The maximum number of members of statistical model is equal to four that corresponds to computing opportunities of the program CurveExpert-1.40 environment. For the full wavelet analysis it is necessary to develop the special program environment according to our scenarios of statistical modeling for a supercomputer of a petaflop class. Thus the new program environment for large volumes of the table of basic data will be universal for all branches of science.
In Figure 8 influence of D (kpc) on change of two factors of P (s) and DM (pc cm-3) is shown. Thus change of P (s) received fluctuation in the form of a finite-dimensional wavelet.
The analysis of schedules according to amplitude-frequency characteristics shows that the system of pulsars possesses a certain property of wave adaptation.
Consider the possibility of further identification model S1400=f(DM) with the highest adequacy 0.9846 (Table 9 and Figure 13). The price of division of a factor of S1400 according to Table 1 is
equal 0.1 (mJy).Then the measurement error equal to ±0.05 (mJy), and the remainder by point graphics in Figure 13 become smaller this error. The identification process is stopped, wherein the wavelet analysis is completed. Apparently from the schedule of four-membered model in Figure 13, influence of a factor of DM for a factor of S1400 gives three clusters (a plot on abscissa axis):
1) Initial site of DM=0-130 (pc cm-3)
2) Average site of DM=130-300 (pc cm-3)
3) Extreme site of DM=300-800 (pc cm-3).
At each of the sites on the abscissa is finite wavelet signal.

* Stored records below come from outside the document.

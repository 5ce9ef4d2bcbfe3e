-- ===== src/Arena/Examples.antt =====
-- An arena of 128 bytes (src/arena.rs) that payloads wrap around in.
use ringfire.Prelude.{ℕ, ◌≡◌, ◌⊎◌, refl, arith, true, false, some, List, [], ◌∷◌, Any}
use ringfire.Errors.{ok}
use ringfire.Arena.{
  BlobRef, PayloadArena, Attempt, slot_size_of, place, reserve_loop, reserve, is_lapped, write_blob,
  read_blob,
}
use ringfire.Arena.Reserve.{IsArena, IsPlacedFrom, reserve-IsPlaced}
use ringfire.Arena.Blobs.{Fits}
use ringfire.Arena.Life.{write_blobs, write_blob-outlives}

abbrev arena : PayloadArena
arena = record { capacity = 128; mask = 127; reserved = 64; bytes = λ j. 0 }

arena-IsArena : IsArena arena
arena-IsArena = record {
  exponent = 7;
  capacity_eq = refl;
  exponent_max = omega arith;
  capacity_min = omega arith;
  mask_eq = refl;
}

-- The first attempt loses its compare-and-swap to a reservation of 64 bytes; the second would run past
-- the end, so it starts at the next round.
abbrev attempts : List Attempt
attempts =
    record { loaded = 0; actual = 64; spurious = false }
    ∷ record { loaded = 64; actual = 64; spurious = false }
    ∷ []

second_round :
    reserve arena 100 5 attempts
    ≡ some (ok (record { offset = 128; len = 100; flags = 5 }), some 256)
unfolding reserve reserve_loop place slot_size_of
second_round = refl

reserve-IsPlaced_example : (◌≡◌ {A = ℕ} 100 100) × Any (IsPlacedFrom arena 100 (128, 256)) attempts
reserve-IsPlaced_example =
    reserve-IsPlaced arena 100 5 attempts (record { offset = 128; len = 100; flags = 5 }) 256
      arena-IsArena ((refl, omega arith), ((refl, omega arith), tt)) second_round

abbrev abc : List ℕ
abc = 97 ∷ 98 ∷ 99 ∷ []

abc-Fits : Fits arena abc
abc-Fits = omega arith

write_blob-outlives_example :
    (r : BlobRef) × (a' : PayloadArena) × (b : PayloadArena) × (write_blob arena abc 0
      ≡ some (ok r, a'))
    × (write_blobs a' (abc ∷ abc ∷ []) ≡ some b)
    × ((is_lapped b r ≡ true) ⊎ (read_blob b r 8 ≡ ok abc))
write_blob-outlives_example =
    write_blob-outlives arena abc 0 (abc ∷ abc ∷ []) 8 arena-IsArena (refl, omega arith)
      (abc-Fits, (abc-Fits, (abc-Fits, tt))) (omega arith)
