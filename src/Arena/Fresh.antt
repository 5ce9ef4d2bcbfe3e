-- ===== src/Arena/Fresh.antt =====
-- A payload that src/arena.rs has just stored: its reference is inside the arena and is not lapped, unless
-- the payload is empty.
use ringfire.Prelude.{ℕ, ◌<◌, ◌≡◌, true, false, arith, refl, some, List, [], length, bit_and-eq-mod}
use ringfire.Arena.{PayloadArena, place, is_in_bounds, is_lapped, empty_ref, write_blob, reserve}
use ringfire.Errors.{ok}
use ringfire.Arena.Reserve.{IsArena, IsAligned, capacity_max, capacity-mod_64}
use ringfire.Arena.Blobs.{Fits, ref_of, arena_after, placed}

pub fresh-is_in_bounds :
    (a : PayloadArena) (d : List ℕ)
    → IsArena a
    → IsAligned a.reserved a
    → Fits a d
    → is_in_bounds (arena_after a d) (ref_of a d 0) ≡ true
unfolding is_in_bounds
fresh-is_in_bounds a d i al fits =
    let p = placed a d i al fits in
    let off = (place a (length d) a.reserved).0 in
    let ix = bit_and-eq-mod i.exponent a.capacity a.mask off i.capacity_eq i.mask_eq in
    let small = capacity_max a i in ground arith

pub fresh-is_lapped :
    (a : PayloadArena) (d : List ℕ)
    → IsArena a
    → IsAligned a.reserved a
    → Fits a d
    → is_lapped (arena_after a d) (ref_of a d 0) ≡ false
unfolding is_lapped
fresh-is_lapped a d i al fits =
    let p = placed a d i al fits in
    let small = capacity_max a i in let whole = capacity-mod_64 a i in ground arith

pub write_blob-empty :
    (a : PayloadArena) (flags : ℕ) → write_blob a [] flags ≡ some (ok empty_ref, a)
unfolding write_blob reserve
write_blob-empty a flags = refl

pub empty-is_lapped : (a : PayloadArena) → a.capacity < a.reserved → is_lapped a empty_ref ≡ true
unfolding is_lapped
empty-is_lapped a lt = ground arith
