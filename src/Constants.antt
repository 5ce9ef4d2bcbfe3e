-- ===== src/Constants.antt =====
-- The constants of src/header.rs.
use ringfire.Prelude.{ℕ}
use ringfire.Prelude.{u64_max}

abbrev pub ringfire_magic : ℕ
ringfire_magic = 0x5249_4E47_4649_5245

abbrev pub ringfire_version : ℕ
ringfire_version = 2

abbrev pub flag_policy_latest_wins : ℕ
flag_policy_latest_wins = 0x0001

abbrev pub flag_policy_lossless_backpressure : ℕ
flag_policy_lossless_backpressure = 0x0002

abbrev pub flag_mode_spmc : ℕ
flag_mode_spmc = 0x0010

abbrev pub flag_mode_mpmc : ℕ
flag_mode_mpmc = 0x0020

abbrev pub flag_with_arena : ℕ
flag_with_arena = 0x0100

abbrev pub flag_with_registry : ℕ
flag_with_registry = 0x0200

abbrev pub flag_sparse : ℕ
flag_sparse = 0x0400

-- The slot sequence while a writer overwrites the payload.
abbrev pub slot_writing : ℕ
slot_writing = u64_max

-- `size_of` of the three `repr(C)` structs, as the source asserts them.
abbrev pub ring_header_size : ℕ
ring_header_size = 128

abbrev pub reader_slot_size : ℕ
reader_slot_size = 64

abbrev pub arena_header_size : ℕ
arena_header_size = 64

abbrev pub blackboard_magic : ℕ
blackboard_magic = 0x5249_4E47_4242_4F52

abbrev pub blackboard_version : ℕ
blackboard_version = 1

-- `size_of` of the blackboard's header, as the source asserts it.
abbrev pub blackboard_header_size : ℕ
blackboard_header_size = 128
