-- ===== src/Header.antt =====
-- src/header.rs: `RingHeader`, `RingLayout`, `initialize`, `publish`, `validate_ring`, `check_schema`.
-- A header is a record of its fields; the padding and the addresses are left out. `len` is the
-- length of the mapping that starts at the header.
pub mod Validate
mod Examples
use Prim.Native.String.{String}
use ringfire.Prelude.{
  ℕ, ◌+◌, ◌%◌, ◌^◌, ◌≤◌, ◌<◌, max, ◌≡◌, Bool, true, false, ◌&&◌, ◌||◌, not, Option, none, some, ltb,
  ◌==◌, ◌!=◌, if◌then◌else◌, add_u64, sub_u64, mul_u64, checked_add, checked_mul,
}
use ringfire.Errors.{
  RingfireError, invalid_magic, version_mismatch, element_size_mismatch, schema_mismatch,
  corrupt_layout, Result, ok, err, ◌>>=◌, ◌>>◌, refuse_if,
}
use ringfire.Constants.{ringfire_magic, ringfire_version, ring_header_size, reader_slot_size}
use ringfire.Prelude.{is_power_of_two, is_multiple_of}

pub record RingHeader : Type 0 where
  pub magic : ℕ
  pub version : ℕ
  pub element_size : ℕ
  pub capacity : ℕ
  pub mask : ℕ
  pub write_seq : ℕ
  pub claim_seq : ℕ
  pub flags : ℕ
  pub futex_word : ℕ
  pub waiting_consumers : ℕ
  pub read_seq : ℕ
  pub schema_sig : ℕ
  pub arena_offset : ℕ
  pub arena_size : ℕ
  pub reader_registry_offset : ℕ
  pub reader_registry_count : ℕ
  pub slots_offset : ℕ

-- What the fields' types say.
pub record IsTyped (h : RingHeader) : Type 0 where
  pub element_size_u32 : h.element_size < 2 ^ 32
  pub capacity_u64 : h.capacity < 2 ^ 64
  pub arena_size_u64 : h.arena_size < 2 ^ 64
  pub registry_offset_u32 : h.reader_registry_offset < 2 ^ 32
  pub registry_count_u32 : h.reader_registry_count < 2 ^ 32
  pub slots_offset_u64 : h.slots_offset < 2 ^ 64

pub record RingLayout : Type 0 where
  pub capacity : ℕ
  pub slot_size : ℕ
  pub flags : ℕ
  pub schema_sig : ℕ
  pub claim_seq : ℕ
  pub read_seq : ℕ
  pub registry_offset : ℕ
  pub registry_count : ℕ
  pub slots_offset : ℕ
  pub arena_offset : ℕ
  pub arena_size : ℕ

unfoldable pub initialize : RingLayout → RingHeader
initialize l = record {
  magic = 0;
  version = ringfire_version;
  element_size = l.slot_size % 2 ^ 32;
  capacity = l.capacity;
  mask = sub_u64 l.capacity 1;
  write_seq = 0;
  claim_seq = l.claim_seq;
  flags = l.flags;
  futex_word = 0;
  waiting_consumers = 0;
  read_seq = l.read_seq;
  schema_sig = l.schema_sig;
  arena_offset = l.arena_offset;
  arena_size = l.arena_size;
  reader_registry_offset = l.registry_offset % 2 ^ 32;
  reader_registry_count = l.registry_count % 2 ^ 32;
  slots_offset = l.slots_offset;
}

unfoldable pub publish : RingHeader → RingHeader
publish h = record h { magic = ringfire_magic }

pub record RingView : Type 0 where
  pub capacity : ℕ
  pub mask : ℕ
  pub slot_size : ℕ
  pub slots_offset : ℕ

-- `end.is_none_or(|e| e > len)`.
abbrev pub past_end : Option ℕ → ℕ → Bool
past_end none len = true
past_end (some e) len = ltb len e

-- `a.checked_add(b)` on a checked value.
abbrev pub and_then_add : Option ℕ → ℕ → Option ℕ
and_then_add none b = none
and_then_add (some a) b = checked_add a b

unfoldable pub check_slot_size : Option ℕ → ℕ → Result (Unit {0})
check_slot_size none slot_size = ok tt
check_slot_size (some expected) slot_size =
    refuse_if (slot_size != expected) (element_size_mismatch slot_size expected)

unfoldable pub check_registry : RingHeader → ℕ → Result (Unit {0})
check_registry h len =
    if h.reader_registry_offset == 0
    then ok tt
    else let off = h.reader_registry_offset in
      let end = add_u64 off (mul_u64 h.reader_registry_count reader_slot_size) in
      refuse_if (not (is_multiple_of off 64) || ltb len end)
        (corrupt_layout "reader registry outside the mapping")

unfoldable pub check_arena : RingHeader → ℕ → Result (Unit {0})
check_arena h len =
    if h.arena_offset == 0
    then ok tt
    else let off = h.arena_offset in
      let end = and_then_add (checked_add h.arena_size off) 64 in
      refuse_if (not (is_multiple_of off 64) || past_end end len)
        (corrupt_layout "payload arena outside the mapping")

unfoldable pub check_slots : RingHeader → ℕ → ℕ → Result (Unit {0})
check_slots h len slot_align = do
  let off = h.slots_offset
  refuse_if (ltb off ring_header_size || not (is_multiple_of off (max slot_align 8)))
      (corrupt_layout "misplaced or misaligned slots")
  let slots_end = and_then_add (checked_mul h.capacity h.element_size) off
  refuse_if (past_end slots_end len) (corrupt_layout "slots extend past the end of the mapping")

unfoldable pub check_identity : RingHeader → ℕ → Option ℕ → Result (Unit {0})
check_identity h len expected_slot_size = do
  refuse_if (ltb len ring_header_size) (corrupt_layout "mapping smaller than the ring header")
  refuse_if (h.magic != ringfire_magic) (invalid_magic ringfire_magic h.magic)
  refuse_if (h.version != ringfire_version) (version_mismatch ringfire_version h.version)
  check_slot_size expected_slot_size h.element_size
  refuse_if (ltb h.element_size 8) (corrupt_layout "slot size smaller than its sequence word")

unfoldable pub check_capacity : RingHeader → Result (Unit {0})
check_capacity h =
    refuse_if (not (is_power_of_two h.capacity) || h.mask != sub_u64 h.capacity 1)
      (corrupt_layout "capacity is not a power of two or mask mismatch")

-- The checks of `validate_ring`, in the code's order.
unfoldable pub validate_ring : RingHeader → ℕ → Option ℕ → ℕ → Result RingView
validate_ring h len expected_slot_size slot_align = do
  check_identity h len expected_slot_size
  check_capacity h
  check_slots h len slot_align
  check_registry h len
  check_arena h len
  ok (record {
    capacity = h.capacity;
    mask = sub_u64 h.capacity 1;
    slot_size = h.element_size;
    slots_offset = h.slots_offset;
  })

unfoldable pub check_schema : RingHeader → ℕ → String → Result (Unit {0})
check_schema h expected type_name =
    refuse_if (h.schema_sig != 0 && h.schema_sig != expected)
      (schema_mismatch h.schema_sig expected type_name)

For some binary relations the number of members in the general statistical model can exceed 100-120 pieces. In this case there is a possibility of carrying out the fractal analysis for group of wavelets on mega, macro, meso and to micro fluctuations.
Applicability of statistical model (1) to parameters of pulsars is proved. As a result each binary relation contains a trend and wavelet signals. Moreover, the trend is a special case of very long period oscillations of the wavelet. As a result the general statistical model represents the plait consisting of a set of lonely waves with variables amplitude and the period of fluctuations.

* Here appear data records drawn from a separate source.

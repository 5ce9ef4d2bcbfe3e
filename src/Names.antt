-- ===== src/Names.antt =====
-- The 32-byte names of src/registry.rs and src/checkpoint.rs: `name_buf[..len].copy_from_slice(..)`
-- with `len = min(31)`, and the reading back up to the first NUL.
pub mod Roundtrip
mod Examples
use ringfire.Prelude.{
  ℕ, suc, ◌+◌, ◌-◌, min, Bool, List, [], ◌∷◌, ◌++◌, length, take, replicate, ◌==◌, if◌then◌else◌,
}

pub name_buffer : List ℕ → List ℕ
name_buffer bytes = take 31 bytes ++ replicate (32 - min 31 (length bytes)) 0

-- `slot.name.iter().position(|&b| b == 0).unwrap_or(32)` and the slice up to there.
pub read_name : List ℕ → List ℕ
read_name [] = []
read_name (b ∷ bs) = if b == 0 then [] else b ∷ read_name bs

Quality control input data can be estimated rank distribution of values of parameters of pulsars and the ability to detect the wave patterns of reporting to the design of the same wavelet signal (1). Thus without modeling, only due to ordering of values of parameters on a preference preorder vector "better→worse", it is possible to make a rating of pulsars.
After statistical modeling carried out factor analysis which allows to make the ratings of factors as influencing parameters and how dependent indicators. For strong factorial relations additionally conducted a wavelet analysis, in which re- identification patterns (1) to ascertain residues below the error of measurement of parameters of pulsars. This set of wavelet signals can then be subjected to fractal analysis.
The offered methodology of identification allows to allocate waves of the binary relations between the measured factors. Thus for 24 pulsars characterized by nit dimensional wavelets, which can then be compared with the heuristic views of specialists. The method of identification allows to allocate the most significant parameters and the binary relations between them at pulsars on which it will be necessary to increase the accuracy of future measurements.